People in the south of Munich have been able to use their new sports park for a month. They play basketball, beach volleyball and the tennis variant pickleball on the former Siemens company sports facility, or they train their muscles on the fitness course.
But these options are only temporary use. In a few years, a new district sports facility including tennis courts and a public park will be built on the seven-hectare area (equivalent to around ten football fields) in Obersendling, south of Siemensallee and east of the Munich-Lenggries railway line.
To do this, the city must draw up a new development plan. The resolution for this is on the agenda for the city council’s planning committee this Wednesday, but is expected to be postponed. The whole thing will be embedded in the 40-hectare landscape protection area (LSG) “Landschaftspark Isar-Solln”, which the city wants to develop between Aidenbachstrasse and Wolfratshauser Strasse.
The history of the sports facility goes back a long way.
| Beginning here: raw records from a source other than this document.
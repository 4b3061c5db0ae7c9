-- ===== src/Page/Examples.antt =====
-- A page of src/page.rs with two cells.
use nutdb.Prelude.{◌≡◌, refl, [], ◌∷◌, arith, length}
use nutdb.Prelude.Io.{ok}
use nutdb.Bytes.{Bytes}
use nutdb.Page.Buffer.{byte_at, overlay, write_at, get_u16, put_u16}
use nutdb.Page.{
  SlottedPage, PageKind, kind_byte, new, count_of, front_of, back_of, place, insert, cell_at_slot,
  cells_from, cells,
}
use nutdb.Page.Space.{IsPage, Inserted, insert-Inserted}

abbrev blank : SlottedPage
blank = new PageKind.leaf

-- `alpha` and `beta`
abbrev alpha : Bytes
alpha = 97 ∷ 108 ∷ 112 ∷ 104 ∷ 97 ∷ []

abbrev beta : Bytes
beta = 98 ∷ 101 ∷ 116 ∷ 97 ∷ []

blank_fields :
    (length blank.bytes ≡ 4096)
    × (count_of blank ≡ 0)
    × (front_of blank ≡ 16)
    × (back_of blank ≡ 4096)
unfolding new kind_byte put_u16 get_u16 write_at overlay byte_at count_of front_of back_of
blank_fields = (refl, refl, refl, refl)

blank-IsPage : IsPage blank
blank-IsPage =
    let (size, count, front, back) = blank_fields in
    record {
      size = size;
      slots = omega (arith, count, front);
      ordered = omega (arith, front, back);
      fits = omega (arith, back);
    }

insert-Inserted_example : Inserted alpha blank (insert alpha blank)
insert-Inserted_example = insert-Inserted blank alpha blank-IsPage

cells_runs : cells (insert beta (insert alpha blank).1).1 ≡ ok (alpha ∷ beta ∷ [])
unfolding new kind_byte put_u16 get_u16 write_at overlay byte_at count_of front_of back_of place
    insert cell_at_slot cells_from cells
cells_runs = refl
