-- ===== src/Raft.antt =====
-- src/raft/: consensus. The state machine of a node and the record that makes it durable.
pub mod Rpc
pub mod Persist
pub mod Node
pub mod Append
pub mod Open
pub mod RoundTrip
pub mod Restart
pub mod Effects
pub mod Votes
pub mod Merge
pub mod Logs
pub mod Commit
pub mod Terms
mod Examples
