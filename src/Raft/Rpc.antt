-- ===== src/Raft/Rpc.antt =====
-- src/raft/rpc.rs: the messages. Log indices start at 1; index 0 stands before the first entry.
use nutdb.Prelude.{ℕ, Bool, List}
use nutdb.Bytes.{Bytes}

pub record Entry : Type 0 where
  pub term : ℕ
  pub command : Bytes

pub record RequestVote : Type 0 where
  pub term : ℕ
  pub candidate_id : ℕ
  pub last_log_index : ℕ
  pub last_log_term : ℕ

pub record VoteResponse : Type 0 where
  pub term : ℕ
  pub granted : Bool

pub record AppendEntries : Type 0 where
  pub term : ℕ
  pub leader_id : ℕ
  pub prev_log_index : ℕ
  pub prev_log_term : ℕ
  pub entries : List Entry
  pub leader_commit : ℕ

pub record AppendResponse : Type 0 where
  pub term : ℕ
  pub success : Bool
  pub match_index : ℕ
Siemens operated the Hermann von Siemens Sports Park there for decades. In 2011, the company largely shut it down and sold the area to the city in 2017. What remains is the tennis operation, which is backed by the Siemens Tennis Club (STC), which is open to anyone interested.
After many years, a draft resolution from the planning department for the redesign is now available. This provides for the district sports facility, among other things, a triple gymnasium, a school swimming pool and two football pitches, one of which has stands. The tennis club’s facilities will be retained and will be modernized. The entrance building to the old Siemens sports park, which was recently listed, will also remain standing and will become a kiosk. Another goal of the development is to integrate the valuable tree population in the best possible way.
The reason why it took so long to develop this concept is, among other things, that numerous departments in the city administration are involved: the Department for Education and Sport (RBS), which will operate the district sports facility in the future and therefore act as the developer, and the construction department , which is responsible for the park, as well as the municipal department, which negotiates the leasehold agreement with the tennis club, and the Department for Climate and Environmental Protection (RKU) because of the planned landscape park. It can still be assumed that there will be “an extensive need for coordination,” according to the template.
The planning department, which is responsible for development plans, is now in charge. In the submission, city planning officer Elisabeth Merk also explains why it is necessary to initiate a process that will last several years for a new development plan for a new sports facility where there has been a sports facility for decades.
The new buildings for the district sports facility are “not compatible with (…) a landscape protection ordinance” that currently applies to the area. Merk also writes that the scope of the large landscape park must be changed. Ultimately, it is the building and planning law that is now forcing the city to make major and costly efforts – which in turn conflicts with the budgetary austerity constraints.
A geothermal plant could also be built in the southwest
The planning department calculates costs of 300,000 euros for the entire process, spread over the years 2025 to 2028. However, the first tranche of 20,000 euros did not make it into the key data decision for the 2025 budget. That’s why Merk now wants to distribute the planning costs across the budgets from 2026 to 2028. And the major investments would only come afterwards anyway. At the beginning of September, Mayor Dieter Reiter (SPD) estimated the construction of the district sports facility at 35 to 40 million euros. It remains to be seen whether this money will be available towards the end of the decade.
And there is another imponderable: the municipal utilities, the planning department and the RKU are currently examining possible locations for new geothermal plants in the southwest of Munich. This is needed so that the city can move closer to its goal of making the district heating supply CO₂-free.
A possible location is the former Siemens sports facility and its immediate surroundings. However, all departments involved agree that a geothermal system is not compatible with the planned park and sports facility. Merk also explains that a geothermal system could even make the designation of the landscape protection area “legally vulnerable”. The city is facing the next fundamental debate about what is the right use for its limited space.